Task prompt — From the data below, return each line in which the string "final" is found.

Source material —
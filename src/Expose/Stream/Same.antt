-- ===== src/Expose/Stream/Same.antt =====
-- expose/tunnel.rs and server/compat.rs: the two copies of the stream, side by side.
use loophole.Base.{ℕ, ◌≡◌, refl, Option, none, some, List, [], ◌∷◌, arith, Result, ok, err}
use loophole.Text.{Text}
use loophole.Text.Utf8.{Bytes}
use loophole.Socket.{Message}
use loophole.Server.Compat.Defs as Server
use loophole.Server.Compat.Defs.{Compat, PollRead, PollWrite, PollDone}
use loophole.Expose.Stream as Client
use loophole.Expose.Stream.{WsCompat, as_compat, poll_read-same}

-- A call of the stream, with what the socket answers to it.
pub data Call : Type 0 where
  read : ℕ → Call
  write : Bytes → Option (Result Text (Unit {0})) → Result Text (Unit {0}) → Call
  flush close : Option (Result Text (Unit {0})) → Call

pub data Answer : Type 0 where
  was_read : PollRead → Answer
  was_written : PollWrite → Answer
  was_done : PollDone → Answer

-- The messages sent and the answers, over a run of calls.
unfoldable pub client_run : WsCompat → List Message → List Call → List Message × List Answer
client_run c sent [] = (sent, [])
client_run c sent (read n ∷ calls) =
    let (d, answer) = Client.poll_read c n in
    let (final, answers) = client_run d sent calls in (final, was_read answer ∷ answers)
client_run c sent (write buf ready start_send ∷ calls) =
    let (more, answer) = Client.poll_write sent buf ready start_send in
    let (final, answers) = client_run c more calls in (final, was_written answer ∷ answers)
client_run c sent (flush flushed ∷ calls) =
    let (final, answers) = client_run c sent calls in
    (final, was_done (Client.poll_flush flushed) ∷ answers)
client_run c sent (close closed ∷ calls) =
    let (final, answers) = client_run c sent calls in
    (final, was_done (Client.poll_close closed) ∷ answers)

unfoldable pub server_run : Compat → List Message → List Call → List Message × List Answer
server_run c sent [] = (sent, [])
server_run c sent (read n ∷ calls) =
    let (d, answer) = Server.poll_read c n in
    let (final, answers) = server_run d sent calls in (final, was_read answer ∷ answers)
server_run c sent (write buf ready start_send ∷ calls) =
    let (more, answer) = Server.poll_write sent buf ready start_send in
    let (final, answers) = server_run c more calls in (final, was_written answer ∷ answers)
server_run c sent (flush flushed ∷ calls) =
    let (final, answers) = server_run c sent calls in
    (final, was_done (Server.poll_flush flushed) ∷ answers)
server_run c sent (close closed ∷ calls) =
    let (final, answers) = server_run c sent calls in
    (final, was_done (Server.poll_close closed) ∷ answers)

poll_write-same :
    (sent : List Message) (buf : Bytes) (ready : Option (Result Text (Unit {0})))
    (start_send : Result Text (Unit {0}))
    → Client.poll_write sent buf ready start_send ≡ Server.poll_write sent buf ready start_send
unfolding Client.poll_write Server.poll_write
poll_write-same sent buf none start_send = refl
poll_write-same sent buf (some (err e)) start_send = refl
poll_write-same sent buf (some (ok _)) (ok _) = refl
poll_write-same sent buf (some (ok _)) (err e) = refl

done-same :
    (r : Option (Result Text (Unit {0})))
    → (Client.poll_flush r ≡ Server.poll_flush r) × (Client.poll_close r ≡ Server.poll_close r)
unfolding Client.poll_flush Server.poll_flush Client.poll_close Server.poll_close
done-same none = (refl, refl)
done-same (some (ok _)) = (refl, refl)
done-same (some (err e)) = (refl, refl)

-- The client's copy of the stream behaves as the server's: from the same state, every run of reads,
-- writes, flushes and closes sends the same messages and gets the same answers.
pub client_run-same :
    (c : WsCompat) (sent : List Message) (calls : List Call)
    → client_run c sent calls ≡ server_run (as_compat c) sent calls
unfolding client_run server_run
client_run-same c sent [] = refl
client_run-same c sent (read n ∷ calls) =
    ground (arith, client_run-same (Client.poll_read c n).0 sent calls, poll_read-same c n)
client_run-same c sent (write buf ready start_send ∷ calls) = ground (
  arith,
  client_run-same c (Client.poll_write sent buf ready start_send).0 calls,
  poll_write-same sent buf ready start_send,
)
client_run-same c sent (flush flushed ∷ calls) =
    ground (arith, client_run-same c sent calls, done-same flushed)
client_run-same c sent (close closed ∷ calls) =
    ground (arith, client_run-same c sent calls, done-same closed)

Written response —
    let (final, answers) = client_run d sent calls in (final, was_read answer ∷ answers)
    let (final, answers) = client_run c more calls in (final, was_written answer ∷ answers)
    let (final, answers) = client_run c sent calls in
    (final, was_done (Client.poll_flush flushed) ∷ answers)
    let (final, answers) = client_run c sent calls in
    (final, was_done (Client.poll_close closed) ∷ answers)
    let (final, answers) = server_run d sent calls in (final, was_read answer ∷ answers)
    let (final, answers) = server_run c more calls in (final, was_written answer ∷ answers)
    let (final, answers) = server_run c sent calls in
    (final, was_done (Server.poll_flush flushed) ∷ answers)
    let (final, answers) = server_run c sent calls in
    (final, was_done (Server.poll_close closed) ∷ answers)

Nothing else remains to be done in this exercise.